According to the BBC report, published Monday, these ads include fake ID cards, fake passports, cannabis, and bogus London 2012 Olympics tickets.

The company told the BBC's 5 live Investigates radio program that it keeps the money it makes from advertising such illegal services before it takes down the ads.

Google "promptly removed" illegal ads after the BBC brought them up, according to Adrian Goldberg, a 5 live Investigates presenter.

Google wasn't quite so prompt when it was the police who did the asking, however.

It is illegal in the UK to sell Olympic tickets without the organisers' permission, with a maximum fine for resellers now at £20,000 (US$31,000).

A branch of the police dedicated to stopping crime associated with the 2012 games told the BBC it is aware of the illegal reseller. That reseller, LiveOlympicTickets, was, in fact, breaking the law, the police said.

Yet the ads stayed up for more than a week after the Metropolitan Police asked Google to remove them—in fact, the ads were only taken down after the BBC contacted Google.

LiveOlympicTickets was Google's top sponsored link for 2012 tickets and stayed up there during the lag time between the police asking for removal of the reseller's ads and the time when Google complied.

The fact that Google's advertising system is partly automated accounts for the bad ads getting up there in the first place. The automation part of the equation accounts for bad ads being selected for top billing, while the human intervention piece accounts for a time lag in taking them down.

If Google AdWords's filter flags an ad as belonging to a potentially unlawful service, Google runs a manual assessment that entails a human having a look-see. If this human-automation combo finds an ad that breaks Google policy, the ad is taken down.

But as Goldberg points out, it's easy for a seamy seller to get to the top of Google's sponsored ad returns, simply by paying a higher cost per click than what other advertisers are offering.

Here's what security adviser Reg Walker told the BBC about his firm's experiment with knocking a ticket scam off the top ranking, as well as what it's like to bring it up to Google:

We carried out an experiment around six months ago trying to knock a ticket scam site off the top of the Google AdWords results and we went up to £28 per click and we still couldn't shift it from the top.

There's an automated complaint form, which gets an automated reply, which lets you know you're in a queue, and eventually a human being will get around to scrutinising it and do something about it.

The site could stay up for days, weeks, or possibly even months.

Unfortunately, the longer the ads stay up, the more Google makes.

Here's what Sophos's Paul Ducklin had to say on a related note, in light of the research he published last year on typosquatting (another murky underbelly of the Internet):

"Of the 1502 active sites typosquatting on the six domains I examined in my research (Sophos, Facebook, Twitter, Google, Microsoft and Apple), 37 per cent relied on DoubleClick...

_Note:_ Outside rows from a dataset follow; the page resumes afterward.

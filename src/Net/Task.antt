-- ===== src/Net/Task.antt =====
-- The receive task of src/net_demo.c: net_rx_task's loop over the frames that wait. `Env` is what
-- the burst meets: for its n-th frame the time and what the stack holds, and what a receive buffer
-- holds behind its virtio header. The device is usable and counted here; Net/Round has the other case.
-- Interrupts come between bursts, and the console is left out.
use ucosii_arm64_qemu.Prelude.{
  ℕ, zero, suc, true, false, Option, none, some, List, [], ◌∷◌, ◌++◌, ltb, if◌then◌else◌, ◌&&◌,
}
use ucosii_arm64_qemu.Bytes.{Memory}
use ucosii_arm64_qemu.Virtio.Rx.{
  RxQueue, Completion, payload_length, queue_pending, peek_queue, release_queue,
}
use ucosii_arm64_qemu.Net.Frame.{Side, Packet}
use ucosii_arm64_qemu.Net.Forward.{Gateway}
use ucosii_arm64_qemu.Net.Process.{net_demo_process_frame}

pub record Env : Type 0 where
  pub now : ℕ → ℕ
  pub stale : ℕ → Memory
  pub buffer : ℕ → Memory

-- The interface's receive queue, the gateway, the frames sent so far, and how many were taken.
pub record Burst : Type 0 where
  pub rx : RxQueue
  pub gateway : Gateway
  pub sent : List Packet
  pub taken : ℕ

-- The body of the loop for a frame: process it and release its buffer.
unfoldable pub take_frame : Env → Side → ℕ → ℕ → Burst → Burst
take_frame env side len desc_id b =
    let p =
      net_demo_process_frame (env.now b.taken) (env.stale b.taken) side (env.buffer desc_id) len
        b.gateway in
    record {
      rx = release_queue desc_id b.rx;
      gateway = p.gateway;
      sent = b.sent ++ p.sent;
      taken = suc b.taken;
    }

-- One round: `none` for the break.
unfoldable pub peeked : Env → Side → Burst → Option (ℕ × ℕ) → Option Burst
unfolding take_frame
peeked env side b none = none
peeked env side b (some (len, desc_id)) =
    if ltb 0 len then some (take_frame env side len desc_id b) else none

-- The loop. `none` if the fuel runs out.
unfoldable pub rx_burst : ℕ → Env → Side → Burst → Option Burst
unfolding peeked
rx_burst zero env side b = none
rx_burst (suc fuel) env side b =
    let next = peeked env side b (peek_queue b.rx) in
    let rest = rx_burst fuel env side (elim next [ none ↦ b | some b' ↦ b' ]) in
    if queue_pending b.rx && (elim next [ none ↦ false | some b' ↦ true ]) then rest else some b

-- The independent description: the frames one after another.
unfoldable pub process_all : Env → Side → List Completion → ℕ → Gateway → Gateway × List Packet
process_all env side [] n g = (g, [])
process_all env side (c ∷ cs) n g =
    let p =
      net_demo_process_frame (env.now n) (env.stale n) side (env.buffer c.desc_id)
        (payload_length c.total_len) g in
    let (g', sent) = process_all env side cs (suc n) p.gateway in (g', p.sent ++ sent)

 ...which is part of Google."

 Heigh ho.

 

At any rate, the BBC article included advice from Reg Walker on how to avoid making a mistake with bogus ads. In a nutshell, Walker says when you're buying from an online reseller:

  • Check out the site thoroughly. Don't go near sites without a trading history, substantive company address, or VAT number.
  • Use Google to find whatever address the retailer claims. If it's for a mailing service or mailbox, stay away.
  • Remember that the weight of Google behind an advertisement does not equate to legitimacy.

Google obviously profits from people getting snared by unwholesome online actors. Should it be expected to forego such profits, which it makes off of others' mistakes?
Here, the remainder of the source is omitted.